Prior Phase II trials of OCA in combination with ursodiol and as a monotherapy have shown statistically significant reductions of more than 20 percent in ALP levels.
The POISE study is evaluating OCA in patients who have responded inadequately to ursodiol. Its primary endpoint is ALP less than 1.67 times the upper limit of normal and a 15 percent reduction in ALP from baseline, with normal bilirubin, compared to placebo.
BofA Merrill Lynch is the sole book-running manager for the offering, with BMO Capital markets as lead manager and Needham and Co. LLC, Wedbush PacGrow Life Sciences, and ThinkEquity LLC as co-managers.
Kythera Gears Up to Storm Aesthetics Market
Los Angeles-based Kythera's offering is for 4.4 million shares of common stock at $16 per share. As with Intercept, that was the top end of its target range of $14 to $16. The offering will raise $70.4 million, before expenses.
Underwriters are granted a 30-day option to purchase up to 660,000 additional shares to cover overallotments. Kythera expects net proceeds of about $62.8 million, or, if the underwriters exercise their overallotment in full, about $72.6 million.
It will use the proceeds to fund its Phase III trials of ATX-101 , an injectable facial treatment to reduce unwanted fat under the chin (submental fat).
Kythera's previous clinical studies showed a reduction in submental fat and an increase in patient satisfaction related to appearance of the chin.
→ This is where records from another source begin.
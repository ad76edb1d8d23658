-- ===== src/Vm/Tree.antt =====
-- The tables of an address space form a tree: each has a place, no free page has one, and a new table
-- takes a place of its own.
use cs202_lab.Prelude.{
  ℕ, suc, ◌+◌, ◌*◌, ◌%◌, ◌^◌, ◌<◌, ◌≡◌, ◌≢◌, ◌⊎◌, inl, inr, refl, Bool, true, false, List, [], ◌∷◌,
  ◌==◌, ◌&&◌, ltb, if◌then◌else◌, arith, ap, sym, ◌∙◌, Bool-cases, all_of,
}
use cs202_lab.Kalloc.{Kmem}
use cs202_lab.Kalloc.Pages.{holds, distinct}
use cs202_lab.Vm.{Vm, pa2pte, pte2pa, is_valid, in_page, clear_page, set_pte}

-- Where a table stands: its level, and the indices that lead to it, the last first.
pub data Place : Type 0 where
  unused : Place
  table : ℕ → List ℕ → Place

-- A page that a table entry can point to.
abbrev pub good_page : ℕ → Bool
good_page pa = (pa % 4096 == 0) && (ltb 0 pa && ltb pa (2 ^ 56))

pub record IsTree (place : ℕ → Place) (root : ℕ) (v : Vm) : Type 0 where
  pub top : place root ≡ Place.table 2 []
  pub below :
      (l t i : ℕ) (path : List ℕ)
      → place t ≡ Place.table (suc l) path
      → i < 512
      → is_valid (v.ptes (t + 8 * i)) ≡ true
      → place (pte2pa (v.ptes (t + 8 * i))) ≡ Place.table l (i ∷ path)
  pub aligned : (t l : ℕ) (path : List ℕ) → place t ≡ Place.table l path → t % 4096 ≡ 0
  pub free : (t : ℕ) → holds t v.kmem.freelist ≡ true → place t ≡ Place.unused
  pub pages : all_of good_page v.kmem.freelist ≡ true
  pub once : distinct v.kmem.freelist ≡ true

-- A fresh table at `c` below the entry at index `i` of `t`.
abbrev pub place_at : (ℕ → Place) → ℕ → Place → ℕ → Place
place_at place c where' t = if t == c then where' else place t

pub pte2pa-pa2pte : (c : ℕ) → good_page c ≡ true → pte2pa (pa2pte c + 1) ≡ c
pte2pa-pa2pte c g = ground arith

-- Entries of aligned tables do not overlap.
pub entry_ne :
    (t s i j : ℕ)
    → t % 4096 ≡ 0
    → s % 4096 ≡ 0
    → i < 512
    → j < 512
    → t ≢ s
    → (t + 8 * i == s + 8 * j) ≡ false
entry_ne t s i j a b h k ne = elim (Bool-cases (t + 8 * i == s + 8 * j)) [
  | inl e ↦ absurd (ne (ground arith))
  | inr e ↦ e
]

outside :
    (t c i : ℕ) → t % 4096 ≡ 0 → c % 4096 ≡ 0 → i < 512 → t ≢ c → in_page c (t + 8 * i) ≡ false
outside t c i a b h ne = elim (Bool-cases (in_page c (t + 8 * i))) [
  | inl e ↦ absurd (ne (ground arith))
  | inr e ↦ e
]

inside : (c i : ℕ) → i < 512 → in_page c (c + 8 * i) ≡ true
inside c i h = ground arith

-- A new table at `c`, hung below the entry of index `i` of the table `t`.
abbrev pub grown : ℕ → ℕ → Kmem → Vm → Vm
grown q c k v = set_pte q (pa2pte c + 1) (clear_page c (record v { kmem = k }))

holds-all : (t : ℕ) (l : List ℕ) → all_of good_page l ≡ true → holds t l ≡ true → good_page t ≡ true
holds-all t [] a h = cc
holds-all t (x ∷ l) a h = elim (Bool-cases (x == t)) [
  | inl e ↦ let same : x ≡ t = ground arith in ap good_page (sym same) ∙ ground arith
  | inr e ↦ holds-all t l (ground arith) (ground arith)
]

pub entry_eq :
    (t s i j : ℕ)
    → t % 4096 ≡ 0
    → s % 4096 ≡ 0
    → i < 512
    → j < 512
    → s + 8 * j ≡ t + 8 * i
    → (t ≡ s) × (i ≡ j)
entry_eq t s i j a b h k e = omega arith

holds_ne : (s c : ℕ) (l : List ℕ) → holds s l ≡ true → holds c l ≡ false → (s == c) ≡ false
holds_ne s c l h k = elim (Bool-cases (s == c)) [
  | inl e ↦ let same : s ≡ c = ground arith in let w = ap (λ x. holds x l) same in cc
  | inr e ↦ e
]

module _ (place : ℕ → Place) (root : ℕ) (v : Vm) (tree : IsTree place root v) (l t i : ℕ)
    (path : List ℕ) (at : place t ≡ Place.table (suc l) path) (index : i < 512) (c : ℕ) (k : Kmem)
    (given : v.kmem.freelist ≡ c ∷ k.freelist) where
  pub good : good_page c ≡ true
  good = let p = sym (ap (all_of good_page) given) ∙ tree.pages in ground arith

  fresh : place c ≡ Place.unused
  fresh = tree.free c (ap (holds c) given ∙ ground arith)

  used_ne : (s m : ℕ) (p : List ℕ) → place s ≡ Place.table m p → s ≢ c
  used_ne s m p e same =
      let f : Place.table m p ≡ Place.unused = sym e ∙ ap place same ∙ fresh in cc

  aligned_t : t % 4096 ≡ 0
  aligned_t = tree.aligned t (suc l) path at

  aligned_c : c % 4096 ≡ 0
  aligned_c = ground (arith, good)

  -- An entry of another table.
  pub grown-other :
      (s m j : ℕ) (p : List ℕ)
      → place s ≡ Place.table m p
      → j < 512
      → (s + 8 * j == t + 8 * i) ≡ false
      → (grown (t + 8 * i) c k v).ptes (s + 8 * j) ≡ v.ptes (s + 8 * j)
  grown-other s m j p e h ne =
      rw (ne, outside s c j (tree.aligned s m p e) aligned_c h (used_ne s m p e)) refl

  pub grown-here : (grown (t + 8 * i) c k v).ptes (t + 8 * i) ≡ pa2pte c + 1
  grown-here = ground arith

  pub grown-new : (j : ℕ) → j < 512 → (grown (t + 8 * i) c k v).ptes (c + 8 * j) ≡ 0
  grown-new j h =
      rw
        (
          entry_ne c t j i aligned_c aligned_t h index
              (λ (e : c ≡ t). used_ne t (suc l) path at (sym e)),
          inside c j h,
        )
        refl

  abbrev pub next_place : ℕ → Place
  next_place = place_at place c (Place.table l (i ∷ path))

  pub place_kept :
      (s m : ℕ) (p : List ℕ) → place s ≡ Place.table m p → next_place s ≡ Place.table m p
  place_kept s m p e = let ne = used_ne s m p e in ground arith

  pub place_new : next_place c ≡ Place.table l (i ∷ path)
  place_new = ground arith

  -- A used place is the new one or an old one.
  place_cases :
      (s m : ℕ) (p : List ℕ)
      → next_place s ≡ Place.table m p
      → ((s ≡ c) × (m ≡ l) × (p ≡ i ∷ path)) ⊎ ((s ≢ c) × (place s ≡ Place.table m p))
  place_cases s m p e = elim (Bool-cases (s == c)) [
    | inl same ↦ inl (ground arith, ground arith, ground arith)
    | inr other ↦ inr ((λ (q : s ≡ c). ground arith), ground arith)
  ]

  grown-below :
      (m s j : ℕ) (p : List ℕ)
      → next_place s ≡ Place.table (suc m) p
      → j < 512
      → is_valid ((grown (t + 8 * i) c k v).ptes (s + 8 * j)) ≡ true
      → next_place (pte2pa ((grown (t + 8 * i) c k v).ptes (s + 8 * j))) ≡ Place.table m (j ∷ p)
  grown-below m s j p e h valid = elim (place_cases s (suc m) p e) [
    | inl (same, _, _) ↦
        let zero_entry =
          ap (λ x. (grown (t + 8 * i) c k v).ptes (x + 8 * j)) same ∙ grown-new j h in
        absurd (ground arith)
    | inr (ne, old) ↦ elim (Bool-cases (s + 8 * j == t + 8 * i)) [
      | inl hit ↦
          let (same, idx) =
            entry_eq t s i j aligned_t (tree.aligned s (suc m) p old) index h (ground arith) in
          let here : Place.table (suc m) p ≡ Place.table (suc l) path =
            sym old ∙ ap place (sym same) ∙ at in
          let entry : (grown (t + 8 * i) c k v).ptes (s + 8 * j) ≡ pa2pte c + 1 = rw hit refl in
          ap (λ x. next_place (pte2pa x)) entry
          ∙ ap next_place (pte2pa-pa2pte c good)
          ∙ place_new
          ∙ ground arith
      | inr miss ↦
          let kept = grown-other s (suc m) j p old h miss in
          ap (λ x. next_place (pte2pa x)) kept
          ∙ place_kept (pte2pa (v.ptes (s + 8 * j))) m (j ∷ p)
              (tree.below m s j p old h (sym (ap is_valid kept) ∙ valid))
    ]
  ]

  distinct_rest : (distinct k.freelist ≡ true) × (holds c k.freelist ≡ false)
  distinct_rest = let d = sym (ap distinct given) ∙ tree.once in (ground arith, ground arith)

  pub grown-IsTree : IsTree next_place root (grown (t + 8 * i) c k v)
  grown-IsTree = record {
    top = place_kept root 2 [] tree.top;
    below = grown-below;
    aligned = λ s m p e. elim (place_cases s m p e) [
      | inl (same, _, _) ↦ ap (λ x. x % 4096) same ∙ aligned_c
      | inr (_, old) ↦ tree.aligned s m p old
    ];
    free = λ s h.
        let ne = holds_ne s c k.freelist h distinct_rest.1 in
        let old = tree.free s (ap (holds s) given ∙ ground arith) in rw ne old;
    pages = let p = sym (ap (all_of good_page) given) ∙ tree.pages in ground arith;
    once = distinct_rest.0;
  }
The company estimated that about 61 percent of patients currently receiving botulinum toxin or dermal fillers were likely to also try ATX-101. If approved, it could have sales as high as $500 million in the U.S.
The drug was well tolerated with its most notable side effects being injection site reactions.
For registration purposes, Kythera is carrying out four pivotal Phase III trials, two ongoing trials in the U.S. and Canada, and two recently completed trials in Europe.
Kythera is partnered with Bayer for development outside the U.S. and Canada. It received an up-front payment of $43.6 million in 2010, and a $15.8 million milestone payment in May 2012, triggered by Bayer's decision to continue development of the drug. It has also received $17.4 million from Bayer to fund further global development activities, and is eligible for up to $297 million in additional milestone payments.
J.P. Morgan Securities LLC and Goldman, Sachs and Co. are joint book-running managers for the offering, with Leerink Swann LLC as lead co-manager and Lazard Capital Markets LLC as co-manager.
In other financings news:
• AtheroNova Inc., of Irvine, Calif., closed a sale of 5.85 million stock units, raising net proceeds of $2 million. Each stock unit contained one share of common stock and a warrant to purchase 0.5 shares of common stock. The funds, in combination with a partnership with Maxwell Biotech Group's CardioNova subsidiary, will support the company through the end of Phase II trials of its primary compound in the area of atherosclerotic plaques, as well as development of its patent in lipid modulation.
• Theragenics Corp., of Buford, Ga., entered a second amended and restated $40 million unsecured credit agreement with Wells Fargo Bank, replacing a $30 million credit agreement with Wells Fargo set to expire on Oct. 31. It has refinanced loans of $22 million outstanding under the old credit agreement. The interest rate has been reduced from LIBOR plus 2.25 percent to LIBOR plus 1.75 percent. The credit line matures on Oct. 10, 2015, and provisions of the agreement require the company to maintain a minimum cash and investment balance of $10 million.